Nach den drei Häftlings-Selbstmorden in Guantanamo wollen die US-Streitkräfte die Regeln für den Umgang und die Überwachung der Gefangenen dort überprüfen.

Unter anderem werde der Frage nachgegangen, ob die Regeln befolgt worden seien und ob sie möglicherweise geändert werden müssten, sagte Flottillenadmiral Robert Durand, ein Sprecher des US-Lagers auf Kuba. Diese Überprüfung finde unabhängig von strafrechtlichen Ermittlungen der Marine statt, erklärte er.

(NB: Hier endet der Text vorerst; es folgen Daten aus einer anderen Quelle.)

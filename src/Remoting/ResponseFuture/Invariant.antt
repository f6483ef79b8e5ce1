-- ===== src/Remoting/ResponseFuture/Invariant.antt =====
-- remoting/ResponseFuture.cpp: the invariant of the map of waiting requests, over all interleavings.
use kiteq_client_cpp.Base.{
  ℕ, ◌<◌, ◌≡◌, refl, inl, inr, true, List, [], ◌∷◌, none, some, arith, Option-cases,
}
use kiteq_client_cpp.Base.Dict.{nat_eq, find, erase, find-insert, find-erase}
use kiteq_client_cpp.Remoting.ResponseFuture.{
  KiteResponse, Store, update, new_future, response_future_used, set_response, receive_response,
  give_up, Step, request, respond, expire, step, run, no_futures,
}

module _ {M : Type 0} where
  -- A future that waits under an id exists, was made for that id, and has no value yet.
  pub record IsWaiting (s : Store M) (id p : ℕ) : Type 0 where
    pub below : p < s.next
    pub own_id : s.request_id p ≡ id
    pub unset : s.value p ≡ none

  -- A value is the response to the future's own request.
  pub record IsRouted (s : Store M) (p : ℕ) (r : KiteResponse M) : Type 0 where
    pub below : p < s.next
    pub own_id : r.request_id ≡ s.request_id p

  pub record Inv (s : Store M) : Type 0 where
    pub waiting : (id p : ℕ) → find id s.future_map ≡ some p → IsWaiting s id p
    pub routed : (p : ℕ) (r : KiteResponse M) → s.value p ≡ some r → IsRouted s p r

  pub no_futures-Inv : Inv no_futures
  unfolding no_futures
  no_futures-Inv = record { waiting = λ id p e. cc; routed = λ p r e. cc }

  pub new_future-Inv : (id : ℕ) (s : Store M) → Inv s → Inv (new_future id s).1
  unfolding new_future
  new_future-Inv id s v = record {
    waiting = λ j p e. let w = v.waiting j p e in ground arith;
    routed = λ p r e. ground (arith, v.routed p r);
  }

  pub response_future_used-Inv :
      (p : ℕ) (s : Store M) → p < s.next → s.value p ≡ none → Inv s → Inv (response_future_used p s)
  unfolding response_future_used
  response_future_used-Inv p s below unset v = record {
    waiting = λ j q e. ground (arith, find-insert (s.request_id p) j p s.future_map, v.waiting j q);
    routed = λ q r e. ground (arith, v.routed q r);
  }

  pub give_up-Inv : (p : ℕ) (s : Store M) → Inv s → Inv (give_up p s)
  unfolding give_up
  give_up-Inv p s v = record {
    waiting = λ j q e. ground (arith, find-erase (s.request_id p) j s.future_map, v.waiting j q);
    routed = λ q r e. ground (arith, v.routed q r);
  }

  -- The store once a response has reached the future that waits for it.
  abbrev pub answered : ℕ → KiteResponse M → Store M → Store M
  answered p resp s = record s {
    value = update s.value p (some resp);
    future_map = erase resp.request_id s.future_map;
  }

  pub receive_response_hit :
      (p : ℕ) (resp : KiteResponse M) (s : Store M)
      → find resp.request_id s.future_map ≡ some p
      → s.value p ≡ none
      → receive_response resp s ≡ (true, answered p resp s)
  unfolding receive_response
  receive_response_hit p resp s present unset =
      rw (present, receive_response) (rw (unset, set_response))

  pub receive_response_miss :
      (resp : KiteResponse M) (s : Store M)
      → find resp.request_id s.future_map ≡ none
      → receive_response resp s ≡ (true, s)
  unfolding receive_response
  receive_response_miss resp s absent = rw (absent, receive_response)

  answered-Inv :
      (p : ℕ) (resp : KiteResponse M) (s : Store M)
      → IsWaiting s resp.request_id p
      → Inv s
      → Inv (answered p resp s)
  answered-Inv p resp s w v = record {
    waiting =
        λ j q e. ground (arith, find-erase resp.request_id j s.future_map, v.waiting j q, w.own_id);
    routed = λ q r e. ground (arith, v.routed q r, w.own_id, w.below);
  }

  -- A response finds its future unset, so that `set_value` does not throw; and nothing breaks.
  pub receive_response-Inv :
      (resp : KiteResponse M) (s : Store M)
      → Inv s
      → ((receive_response resp s).0 ≡ true) × Inv (receive_response resp s).1
  receive_response-Inv resp s v = elim (Option-cases (find resp.request_id s.future_map)) [
    | inl absent ↦ rw (receive_response_miss resp s absent) (refl, v)
    | inr (p, present) ↦
        let w = v.waiting resp.request_id p present in
        rw (receive_response_hit p resp s present w.unset) (refl, answered-Inv p resp s w v)
  ]

  pub step-Inv : (e : Step M) (s : Store M) → Inv s → Inv (step e s)
  unfolding step
  step-Inv (request id) s v =
      response_future_used-Inv (new_future id s).0 (new_future id s).1
        (unfold new_future in omega arith) (unfold new_future in ground arith)
        (new_future-Inv id s v)
  step-Inv (respond resp) s v = (receive_response-Inv resp s v).1
  step-Inv (expire p) s v = give_up-Inv p s v

  pub run-Inv : (es : List (Step M)) (s : Store M) → Inv s → Inv (run es s)
  unfolding run
  run-Inv [] s v = v
  run-Inv (e ∷ es) s v = run-Inv es (step e s) (step-Inv e s v)

  -- Whatever the threads have done before, in whatever order, no response makes `set_value`
  -- throw because its promise was set before.
  pub receive_response-run :
      (es : List (Step M)) (resp : KiteResponse M)
      → (receive_response resp (run es no_futures)).0 ≡ true
  receive_response-run es resp =
      (receive_response-Inv resp _ (run-Inv es no_futures no_futures-Inv)).0

  -- A value that a future then has is a response to the id that the future stores.
  pub value-run :
      (es : List (Step M)) (p : ℕ) (r : KiteResponse M)
      → (run es no_futures).value p ≡ some r
      → r.request_id ≡ (run es no_futures).request_id p
  value-run es p r e = ((run-Inv es no_futures no_futures-Inv).routed p r e).own_id

  -- A value, once set, stays.
  pub step-value :
      (e : Step M) (s : Store M) (p : ℕ) (r : KiteResponse M)
      → Inv s
      → s.value p ≡ some r
      → ((step e s).value p ≡ some r) × ((step e s).request_id p ≡ s.request_id p)
  unfolding step new_future response_future_used give_up
  step-value (request id) s p r v set = ground (arith, (v.routed p r set).below)
  step-value (respond resp) s p r v set = elim (Option-cases (find resp.request_id s.future_map)) [
    | inl absent ↦ rw (step, receive_response_miss resp s absent) (set, refl)
    | inr (q, present) ↦
        let w = v.waiting resp.request_id q present in
        rw (step, receive_response_hit q resp s present w.unset) (ground (arith, w.unset))
  ]
  step-value (expire q) s p r v set = (set, refl)
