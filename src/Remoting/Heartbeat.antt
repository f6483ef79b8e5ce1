-- ===== src/Remoting/Heartbeat.antt =====
-- remoting/asioKiteIOClient.cpp, class Heartbeat: when to send, and when the peer counts as dead.
-- Times are milliseconds as the bit pattern of a `long`.
use kiteq_client_cpp.Base.{
  ℕ, ◌+◌, ◌^◌, ◌≤◌, ◌<◌, ◌≡◌, ◌≢◌, ◌↔◌, refl, Bool, true, false, not, List, [], ◌∷◌, ◌++◌, map,
  Option, none, some, ◌==◌, ==_refl, length, arith, if◌then◌else◌, Bool-cases, inl, inr, All,
}
use kiteq_client_cpp.Base.Word.{slt64, add64}
use kiteq_client_cpp.Commons.Counter.{inc, set_count, compare_and_set}

-- `threads` are those of `gHbThread`, each with whether it was asked to stop; `has_parent`: the
-- pointer to the client is not null.
pub record Heartbeat : Type 0 where
  pub has_parent : Bool
  pub threads : List Bool
  pub stop_count : ℕ
  pub next_heartbeat_time : ℕ

unfoldable pub new_heartbeat : Heartbeat
new_heartbeat = record { has_parent = false; threads = []; stop_count = 0; next_heartbeat_time = 0 }

unfoldable pub set_parent : Heartbeat → Heartbeat
set_parent h = record h { has_parent = true }

-- `Heartbeat::start`: one more thread.
unfoldable pub start_thread : Heartbeat → Heartbeat
start_thread h = record h { threads = h.threads ++ false ∷ [] }

-- `Heartbeat::stop`: `interrupt_all`.
unfoldable pub stop_threads : Heartbeat → Heartbeat
stop_threads h = record h { threads = map (λ _. true) h.threads }

-- `setNextHeartbeatTime`: read, and replace an earlier time unless somebody has changed it since;
-- then again. Each entry is what another thread stores between the two steps of a round, if anything.
-- `none`: the rounds that are given were not enough.
abbrev stored : Option ℕ → ℕ → ℕ
stored none v = v
stored (some w) v = w

unfoldable pub set_next_time : List (Option ℕ) → ℕ → ℕ → Option ℕ
unfolding compare_and_set
set_next_time [] time next = none
set_next_time (o ∷ os) time next =
    let r = compare_and_set next time (stored o next) in
    let again = set_next_time os time r.1 in
    if slt64 next time then (if r.0 then some r.1 else again) else some next

-- The call with no other thread in between.
unfoldable pub set_next_heartbeat_time : ℕ → Heartbeat → Heartbeat
set_next_heartbeat_time time h =
    if slt64 h.next_heartbeat_time time then record h { next_heartbeat_time = time } else h

unfoldable pub reset : Heartbeat → Heartbeat
unfolding set_count
reset h = record h { stop_count = set_count 0 h.stop_count }

unfoldable pub is_dead : Heartbeat → Bool
is_dead h = not (slt64 h.stop_count 5)

-- `hbThread` after a heartbeat was sent at `now`; the answer is its version, `none` for no response.
unfoldable pub answered : ℕ → Option ℕ → Heartbeat → Heartbeat
unfolding inc set_count
answered now none h = record h { stop_count = (inc h.stop_count).1 }
answered now (some version) h =
    if version == now
    then record h { stop_count = set_count 0 h.stop_count }
    else record h { stop_count = (inc h.stop_count).1 }

-- Is it time to send?
unfoldable pub is_due : ℕ → Heartbeat → Bool
is_due now h = slt64 h.next_heartbeat_time now

-- The answers to a row of heartbeats, each with its time.
unfoldable pub run : List (ℕ × Option ℕ) → Heartbeat → Heartbeat
run [] h = h
run ((now, answer) ∷ rest) h = run rest (answered now answer h)

-- No answer, or one to another heartbeat.
abbrev pub IsMissed : ℕ × Option ℕ → Type 0
IsMissed (now, answer) = answer ≢ some now

answered-IsMissed :
    (now : ℕ) (answer : Option ℕ) (h : Heartbeat)
    → answer ≢ some now
    → (answered now answer h).stop_count ≡ add64 h.stop_count 1
unfolding answered inc
answered-IsMissed now none h miss = refl
answered-IsMissed now (some version) h miss = ground arith

run-stop_count :
    (beats : List (ℕ × Option ℕ)) (h : Heartbeat)
    → All IsMissed beats
    → h.stop_count + length beats < 2 ^ 64
    → (run beats h).stop_count ≡ h.stop_count + length beats
unfolding run
run-stop_count [] h v bound = omega arith
run-stop_count ((now, answer) ∷ rest) h v bound =
    let first = answered-IsMissed now answer h v.0 in
    omega (arith, first, run-stop_count rest (answered now answer h) v.1)

-- From a count of 0 and for fewer than 2^63 heartbeats in a row without the right answer, the
-- peer is dead exactly if there were five or more of them; the right answer to the next one, or
-- a reset, makes it alive again.
pub is_dead-run :
    (beats : List (ℕ × Option ℕ)) (h : Heartbeat) (now : ℕ)
    → All IsMissed beats
    → h.stop_count ≡ 0
    → length beats < 2 ^ 63
    → ((is_dead (run beats h) ≡ true) ↔ (5 ≤ length beats))
      × (is_dead (answered now (some now) (run beats h)) ≡ false)
      × (is_dead (reset (run beats h)) ≡ false)
unfolding is_dead
is_dead-run beats h now v fresh bound =
    let counted = run-stop_count beats h v (omega arith) in
    (
      rw counted (ground arith),
      unfold answered set_count in rw (==_refl now),
      unfold reset set_count in refl,
    )

set_next_time_lem :
    (os : List (Option ℕ)) (time next next' : ℕ)
    → set_next_time os time next ≡ some next'
    → slt64 next' time ≡ false
unfolding set_next_time compare_and_set
set_next_time_lem [] time next next' e = cc
set_next_time_lem (o ∷ os) time next next' e =
    ground (arith, set_next_time_lem os time (stored o next) next')

set_next_time-ends :
    (before after : List (Option ℕ)) (time next : ℕ)
    → (next' : ℕ) × (set_next_time (before ++ none ∷ after) time next ≡ some next')
unfolding set_next_time compare_and_set
set_next_time-ends [] after time next = elim (Bool-cases (slt64 next time)) [
  | inl e ↦ (time, rw (e, ==_refl next))
  | inr e ↦ (next, rw e)
]
set_next_time-ends (o ∷ before) after time next = elim (Bool-cases (slt64 next time)) [
  | inr e ↦ (next, rw e)
  | inl e ↦ elim (Bool-cases (stored o next == next)) [
    | inl same ↦ (time, rw (e, same))
    | inr other ↦
        let (next', found) = set_next_time-ends before after time (stored o next) in
        (next', rw (e, other) found)
  ]
]

-- Whatever other threads store in between, `setNextHeartbeatTime` returns at the latest in the
-- first round in which nobody stores anything, and then the next heartbeat is not before the
-- given time.
pub set_next_time-total :
    (before after : List (Option ℕ)) (time next : ℕ)
    → (next' : ℕ) × (set_next_time (before ++ none ∷ after) time next ≡ some next')
      × (slt64 next' time ≡ false)
set_next_time-total before after time next =
    let (next', e) = set_next_time-ends before after time next in
    (next', e, set_next_time_lem (before ++ none ∷ after) time next next' e)
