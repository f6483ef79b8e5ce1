-- ===== src/Remoting/Client.antt =====
-- remoting/asioKiteIOClient.cpp: the client. Its parts are the session, the static map of waiting
-- requests, the static listeners, the statistics and the heartbeat; each handler and each method is a
-- function on the whole client. What comes from outside (time, headers, what other threads do while a
-- method waits) is an argument.
pub mod Dispatch
pub mod Delivery
use kiteq_client_cpp.Base.{
  ℕ, zero, suc, ◌+◌, ◌≡◌, Bool, true, false, not, ◌&&◌, ◌||◌, List, [], ◌∷◌, ◌++◌, Option, none,
  some, ◌==◌, leb, if◌then◌else◌,
}
use mathlib.Core.Option
use kiteq_client_cpp.Base.Word.{add64}
use kiteq_client_cpp.ByteBuf.{Platform}
use kiteq_client_cpp.Protocol.{
  Kind, conn_auth_ack, heart_beat, message_store_ack, Codec, cmd_conn_auth, cmd_message_store_ack,
  cmd_heartbeat, cmd_tx_ack, cmd_bytes_message, cmd_string_message,
}
use kiteq_client_cpp.KitePacket.{
  Header, KitePacket, Outcome, done, fault, ◌>>=◌, or_fault, new_packet,
}
use kiteq_client_cpp.Session.{ErrorCode, success, failure, Session, async_write}
use kiteq_client_cpp.Commons.Counter.{
  KiteStats, record_read, record_write, compare_and_set, set_count,
}
use kiteq_client_cpp.Commons.HostPort.{Splitter, HostPort, to_string, server_address}
use kiteq_client_cpp.Remoting.ListenerManager.{register_listener, get_listener}
use kiteq_client_cpp.Remoting.ResponseFuture.{
  KiteResponse, Store, Step, run, new_future, response_future_used, receive_response, get_response,
}
use kiteq_client_cpp.Remoting.Heartbeat.{
  Heartbeat, set_next_heartbeat_time, reset, is_dead, is_due, answered, new_heartbeat, stop_threads,
}

-- `asioKiteIOClient::STATE`, as values of the status counter.
abbrev pub none_state : ℕ
none_state = 0

abbrev pub prepare : ℕ
prepare = 1

abbrev pub running : ℕ
running = 2

abbrev pub reconnecting : ℕ
reconnecting = 3

abbrev pub recovering : ℕ
recovering = 4

abbrev pub stop : ℕ
stop = 5

-- The io service, its resolver and its socket: whether they were stopped, and what they were asked
-- for and have not answered yet.
pub record Io : Type 0 where
  pub service_stopped : Bool
  pub socket_closed : Bool
  pub resolving : List HostPort
  pub connecting : ℕ

-- A listener is a pointer, which is taken not to be null. The futures, the listeners and the
-- statistics are static: the client has them together with the other clients. `sent` is what was
-- handed to the socket; a null `host_port` comes of an address that does not parse.
pub record Client (M : Type 0) : Type 0 where
  pub status : ℕ
  pub heartbeat : Heartbeat
  pub futures : Store (Option M)
  pub listeners : List (List ℕ × ℕ)
  pub stats : KiteStats
  pub host_port : Option HostPort
  pub session : Session M
  pub sent : List ℕ
  pub group_id : List ℕ
  pub secret_key : List ℕ
  pub server_url : List ℕ
  pub accepted_topics : List (List ℕ × Unit {0})
  pub io : Io

-- What a `remotingListener` is called with: the listener, the opaque and the pointer to the message.
pub data Callback (M : Type 0) : Type 0 where
  tx_ack_received bytes_message_received string_message_received : ℕ → ℕ → Option M → Callback M

unfoldable pub is_response : ℕ → Bool
is_response cmd = cmd == cmd_conn_auth || (cmd == cmd_message_store_ack || cmd == cmd_heartbeat)

abbrev pub new_io : Io
new_io = record { service_stopped = false; socket_closed = false; resolving = []; connecting = 0 }

-- The constructor. The static futures, listeners and statistics are there already, and the session
-- has just been made.
unfoldable pub new_client :
    {M : Type 0}
    → Splitter
    → List ℕ
    → List ℕ
    → List ℕ
    → Store (Option M)
    → List (List ℕ × ℕ)
    → KiteStats
    → Session M
    → Client M
unfolding server_address new_heartbeat
new_client sp gid skey surl futures listeners stats session = record {
  status = none_state;
  heartbeat = new_heartbeat;
  futures = futures;
  listeners = listeners;
  stats = stats;
  host_port = server_address sp surl;
  session = session;
  sent = [];
  group_id = gid;
  secret_key = skey;
  server_url = surl;
  accepted_topics = [];
  io = new_io;
}

module _ {M : Type 0} where
  -- `workThread` runs the handlers for as long as the service is not stopped.
  unfoldable pub work_thread_runs : Client M → Bool
  work_thread_runs c = not c.io.service_stopped

  unfoldable pub get_server_url : Client M → List ℕ
  get_server_url c = c.server_url

  unfoldable pub get_accepted_topics : Client M → List (List ℕ × Unit {0})
  get_accepted_topics c = c.accepted_topics

  unfoldable pub get_status : Client M → ℕ
  get_status c = c.status

  -- `reconnect0` up to its sleep: the resolver is asked for the address.
  unfoldable pub async_resolve : Client M → Outcome (Client M)
  async_resolve c = do
    hp ← or_fault c.host_port
    done (record c { io = record c.io { resolving = c.io.resolving ++ hp ∷ [] } })

  unfoldable pub handle_resolve : ErrorCode → Client M → Client M
  handle_resolve success c = record c { io = record c.io { connecting = c.io.connecting + 1 } }
  handle_resolve (failure e) c = c

  unfoldable pub close : Client M → Client M
  unfolding stop_threads
  close c = record c {
    io = record c.io { socket_closed = true; service_stopped = true };
    heartbeat = stop_threads c.heartbeat;
  }

  unfoldable pub handle_connect : ErrorCode → Client M → Client M
  unfolding set_count
  handle_connect success c = record c { status = set_count recovering c.status }
  handle_connect (failure e) c = c

  unfoldable pub handle_write_request : ErrorCode → Client M → Client M
  handle_write_request success c = record c { stats = record_write c.stats }
  handle_write_request (failure e) c = c

  -- The listener that `handle_read_pkg` calls, for a command that is no response.
  unfoldable pub dispatch : ℕ → ℕ → ℕ → Option M → List (Callback M)
  dispatch cmd l opaque m =
      if cmd == cmd_tx_ack
      then tx_ack_received l opaque m ∷ []
      else if cmd == cmd_bytes_message
      then bytes_message_received l opaque m ∷ []
      else if cmd == cmd_string_message
      then string_message_received l opaque m ∷ []
      else []

  -- A response: the heartbeat is reset, and the future that waits is set; a future that was set before
  -- makes this throw, which is a fault.
  unfoldable pub handle_response :
      Header → Option M → Client M → Outcome (Client M × List (Callback M))
  handle_response h m c =
      let r = receive_response (record { request_id = h.opaque; message = m }) c.futures in
      if r.0 then done (record c { heartbeat = reset c.heartbeat; futures = r.1 }, []) else fault

  -- `handle_read_pkg`; on success it ends by reading the next packet. `default_listener` is that of
  -- ListenerManager.
  unfoldable pub handle_read_pkg : ℕ → ErrorCode → Client M → Outcome (Client M × List (Callback M))
  unfolding handle_response dispatch is_response
  handle_read_pkg default_listener (failure e) c = done (c, [])
  handle_read_pkg default_listener success c0 = do
    let c = record c0 { stats = record_read c0.stats }
    let pkg = c.session.pkg
    let response = handle_response pkg.header pkg.message c
    let addressed = or_fault c.host_port >>= λ hp.
        let l = get_listener default_listener (to_string hp) c.listeners in
        done (c, dispatch pkg.header.cmd_type l pkg.header.opaque pkg.message)
    if is_response pkg.header.cmd_type then response else addressed

  -- The handler when a packet has come, whose parts the session has read into a new packet.
  unfoldable pub receive_pkg : ℕ → KitePacket M → Client M → Outcome (Client M × List (Callback M))
  unfolding handle_read_pkg
  receive_pkg default_listener p c =
      handle_read_pkg default_listener success (record c { session = record c.session { pkg = p } })

  unfoldable pub register : ℕ → Client M → Outcome (Client M)
  register l c = do
    hp ← or_fault c.host_port
    done (record c { listeners = register_listener (to_string hp) l c.listeners })

  unfoldable pub is_client_dead : Client M → Bool
  is_client_dead c = is_dead c.heartbeat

Anwälte der Gefangenen in Guantanamo forderten die Regierung von US-Präsident George W. Bush auf, unabhängigen Medizinern die Untersuchung der Häftlinge zu gestatten. „Guantanamo muss geschlossen werden“, fügte Anwalt Gitanjali Gutierrez vom Zentrum für Verfassungsrechte hinzu. Das Zentrum vertritt Hunderte Guantanamo-Insassen. Die Menschenrechtsorganisation amnesty international (ai) rief die US-Regierung auf, unabhängige zivile Ermittlungen zu den Selbstmorden zuzulassen. Darüber hinaus müssten UNO-Experten sofort ungehinderten Zugang zu dem Lager erhalten.

Die drei Häftlinge wurden nach US-Angaben am Samstag kurz nach Mitternacht erhängt in ihren Zellen aufgefunden. Die zwei Saudiaraber und der Jemenit waren den Angaben zufolge die ersten Insassen in Guantanamo, die sich das Leben nahmen.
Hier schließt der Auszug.